Pada 4 Juli 2025, Chronicles #19 bersama Prof. Melani Budianta tayang di kanal YouTube Endgame/Chronicles.ID. Disajikan dalam format percakapan panjang bersama Mas Bagus Muljadi, episode ini seakan melampaui bentuknya sebagai podcast. Ia menjelma menjadi peristiwa intelektual yang langka, reflektif, dan mendalam. Dalam dunia yang semakin tergesa dan bising, obrolan ini menghadirkan ruang sunyi—bukan karena heningnya, tetapi karena keberaniannya untuk menyuarakan yang selama ini dipinggirkan. Dari luka sejarah, subjektivitas sebagai kekuatan pengetahuan, hingga demokrasi yang lahir dari partisipasi dan empati, bukan hanya prosedur.

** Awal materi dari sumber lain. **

-- ===== src/Handlers/Std/ById.antt =====
-- ReadDataByIdentifier through the dispatcher, over regular files.
use vdiag_server.Base.{
  ℕ, ◌+◌, ◌*◌, ◌/◌, ◌≤◌, ◌<◌, ◌≡◌, refl, sym, ap, ◌∙◌, ◌⊎◌, inl, inr, true, false, ◌&&◌, leb, none,
  some, List, [], ◌∷◌, length, take, drop, replicate, overwrite, length-drop, length-take,
  length-replicate, length-overwrite, take-overwrite, arith, bit_or_byte, bit_and_byte,
}
use vdiag_server.Base.Exec.{done}
use vdiag_server.Base.Ptr.{Ptr}
use vdiag_server.Can.{CanMessage, byte, put, IsMessage}
use vdiag_server.Config.{DataIdentifier, EcuConfig}
use vdiag_server.Os.{Os}
use vdiag_server.Os.Files.{View, IsRegular}
use vdiag_server.Memory.Result.{check_memrange_iff, check_memrange-outside}
use vdiag_server.Memory.Read.{Unchanged, read_memory_ok}
use vdiag_server.Uds.Codes.{code, UdsError}
use vdiag_server.Uds.Interface.{Locals}
use vdiag_server.Uds.Dispatch.{handle_msg}
use vdiag_server.Uds.Dispatch.Cases.{read_by_identifier}
use vdiag_server.Handlers.Address.Value.{byte-lt}
use vdiag_server.Handlers.DidMap.{DidTable, mapping_of}
use vdiag_server.Handlers.DidMap.Lookup.{HasEntries, last_entry, entries, init_mapping_lem}
use vdiag_server.Handlers.Rdbi.{request_did, rdbi_setup, rdbi, rdbi_pack}
use vdiag_server.Handlers.Std.{Machine, std_handlers}
use vdiag_server.Handlers.Std.Write.{memory_file}

-- The identifier that a request names: its second and third byte.
abbrev pub named_did : CanMessage → ℕ
named_did req = byte req 1 * 256 + byte req 2

pub request_did_lem : {req : CanMessage} → IsMessage req → request_did req ≡ named_did req
request_did_lem {req} m =
    let h1 = byte-lt m 1 in
    let h2 = byte-lt m 2 in omega (arith, bit_or_byte (byte req 1) (byte req 2) h2)

-- The machine with its table and its files in another state.
abbrev pub with_globals : {F : Type 0} → Machine F → F → DidTable → Machine F
with_globals m t table = record { uds = m.uds; globals = record { fs = t; dids = table } }

-- An entry whose region lies in the configured memory.
pub record IsMapped (ecucfg : EcuConfig) (udid : ℕ) (d : DataIdentifier) : Type 0 where
  pub counted : HasEntries ecucfg
  pub entry : last_entry (entries ecucfg) udid ≡ some d
  pub above : ecucfg.memory.start_addr ≤ d.address
  pub below : d.address + d.size ≤ ecucfg.memory.end_addr

-- An entry whose region ends below 2 ^ 32 and lies outside the configured memory.
abbrev pub IsOutside : EcuConfig → DataIdentifier → Type 0
IsOutside c d =
    (d.address + d.size < 4294967296)
    × ((leb c.memory.start_addr d.address && leb (d.address + d.size) c.memory.end_addr) ≡ false)

module _ (os : Os) (v : View os) (reg : IsRegular os v) (stale : Ptr → Ptr) (l : Locals) where
  -- A request of at least three bytes to read an identifier whose last entry names 1 to 4093 bytes
  -- of the configured memory, with all names of identifiers terminated, over a regular memory file
  -- that holds them, with 32-bit addresses configured and a descriptor to spare, is answered by 62, the identifier and those bytes. It
  -- changes no file, but the process may open one file fewer than before.
  pub read_by_identifier_lem :
      (m : Machine os.State) (req presp : CanMessage) (d : DataIdentifier) (bs : List ℕ)
      → IsMessage req
      → 3 ≤ req.usz
      → byte req 0 ≡ 0x22
      → IsMapped m.uds.ecucfg (named_did req) d
      → m.uds.ecucfg.memory.end_addr < 4294967296
      → 0 < d.size
      → d.size ≤ 4093
      → v.content m.globals.fs (memory_file m) ≡ some bs
      → 0 < v.spare m.globals.fs
      → d.address + d.size ≤ length bs
      → (t : os.State) × (table : DidTable) × (handle_msg
            (std_handlers os stale)
            l
            true
            req
            (some presp)
            m
          ≡ done (
            (
              UdsError.no_error,
              some (
                  put presp
                    (0x62 ∷ byte req 1 ∷ byte req 2 ∷ take d.size (drop d.address bs))
                    (3 + d.size)),
            ),
            with_globals m t table,
          ))
        × Unchanged os v 1 m.globals.fs t
  unfolding rdbi_setup rdbi rdbi_pack code
  read_by_identifier_lem m req presp d bs msg long sid w end pos few con spare room =
      let (table, filled, looked) = init_mapping_lem m.uds.ecucfg w.counted in
      let h1 = byte-lt msg 1 in
      let h2 = byte-lt msg 2 in
      let did = request_did_lem msg in
      let hit : table (named_did req) ≡ mapping_of d =
        rw (looked (named_did req) (omega arith), w.entry) refl in
      let below = w.below in
      let inside =
        (check_memrange_iff m.uds.ecucfg.memory.start_addr m.uds.ecucfg.memory.end_addr d.address
            d.size (omega arith)).1
          (w.above, w.below) in
      let zeros = replicate {A = ℕ} d.size 0 in
      let found = take d.size (drop d.address bs) in
      let (got, same) = reg.calloc_ok d.size m.globals.fs pos in
      let fs = (os.calloc d.size m.globals.fs).1 in
      let zlen = length-replicate {A = ℕ} d.size 0 in
      let (t, ran, left) =
        read_memory_ok os v reg d.address d.size zeros bs (memory_file m) fs
          (same.content (memory_file m) ∙ con) (omega (arith, same.spare)) pos (omega arith) room
          (omega arith) (omega arith) in
      let len : length found ≡ d.size =
        omega (arith, length-take d.size (drop d.address bs), length-drop d.address bs) in
      let whole : take d.size (overwrite found zeros) ≡ found =
        ap (λ (k : ℕ). take k (overwrite found zeros)) (sym len)
        ∙ take-overwrite found zeros (omega arith) in
      let olen = length-overwrite found zeros in
      let some_byte : 0 < req.usz = omega arith in
      let hi = bit_and_byte (named_did req / 256) in
      let lo = bit_and_byte (named_did req) in
      (
        t,
        table,
        rw (read_by_identifier (std_handlers os stale) l req presp some_byte m sid)
            (ground (arith, filled, did, hit, inside, got, ran, whole, olen, hi, lo)),
        record {
          content = λ other. left.content other ∙ same.content other;
          spare = omega (arith, left.spare, same.spare);
        },
      )

  -- A request of at least three bytes to read an identifier without an entry, or with one whose
  -- region ends below 2 ^ 32 and lies outside the configured memory, is refused with 7F 22 31, and no
  -- file is touched.
  pub read_unknown_identifier :
      (m : Machine os.State) (req presp : CanMessage)
      → IsMessage req
      → 3 ≤ req.usz
      → byte req 0 ≡ 0x22
      → HasEntries m.uds.ecucfg
      → (last_entry (entries m.uds.ecucfg) (named_did req) ≡ none)
        ⊎ ((d : DataIdentifier) × (last_entry (entries m.uds.ecucfg) (named_did req) ≡ some d)
            × IsOutside m.uds.ecucfg d)
      → (table : DidTable) × (handle_msg (std_handlers os stale) l true req (some presp) m
          ≡ done (
            (UdsError.no_error, some (put presp (0x7f ∷ 0x22 ∷ 0x31 ∷ []) 3)),
            with_globals m m.globals.fs table,
          ))
  unfolding rdbi_setup rdbi_pack code
  read_unknown_identifier m req presp msg long sid counted why =
      let (table, filled, looked) = init_mapping_lem m.uds.ecucfg counted in
      let h1 = byte-lt msg 1 in
      let h2 = byte-lt msg 2 in
      let did = request_did_lem msg in
      let found = looked (named_did req) (omega arith) in
      (
        table,
        rw (read_by_identifier (std_handlers os stale) l req presp (omega arith) m sid) (elim why [
          | inl missing ↦
              let miss : (table (named_did req)).valid ≡ 0 = rw (found, missing) refl in
              ground (arith, filled, did, miss)
          | inr (d, entry, (fits, out)) ↦
              let hit : table (named_did req) ≡ mapping_of d = rw (found, entry) refl in
              let outside =
                check_memrange-outside m.uds.ecucfg.memory.start_addr m.uds.ecucfg.memory.end_addr
                  d.address d.size fits out in
              ground (arith, filled, did, hit, outside)
        ]),
      )

  -- A shorter one is refused with 7F 22 13.
  pub read_short_identifier :
      (m : Machine os.State) (req presp : CanMessage)
      → 0 < req.usz
      → req.usz < 3
      → byte req 0 ≡ 0x22
      → HasEntries m.uds.ecucfg
      → (table : DidTable) × (handle_msg (std_handlers os stale) l true req (some presp) m
          ≡ done (
            (UdsError.no_error, some (put presp (0x7f ∷ 0x22 ∷ 0x13 ∷ []) 3)),
            with_globals m m.globals.fs table,
          ))
  unfolding rdbi_setup rdbi_pack code
  read_short_identifier m req presp some_byte short sid counted =
      let (table, filled, looked) = init_mapping_lem m.uds.ecucfg counted in
      (
        table,
        rw (read_by_identifier (std_handlers os stale) l req presp some_byte m sid)
            (ground (arith, filled, short)),
      )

Esai ini tersusun bukan untuk mengulas isi episode, melainkan untuk menangkap nilai penting dari percakapan tersebut. Sebagai arsip pemikiran kolektif, sebagai pelajaran moral yang lahir dari tubuh yang pernah dilukai sejarah, dan sebagai suara jernih yang mengajak kita berpikir ulang tentang pendidikan, ilmu pengetahuan, dan makna menjadi manusia. Percakapan ini menghidupkan kembali sesuatu yang makin jarang ditumbuhkan, termasuk keberanian untuk berpikir perlahan, untuk mengaku luka, dan untuk merajut pemikiran lintas disiplin sebagai bentuk kasih terhadap masyarakat.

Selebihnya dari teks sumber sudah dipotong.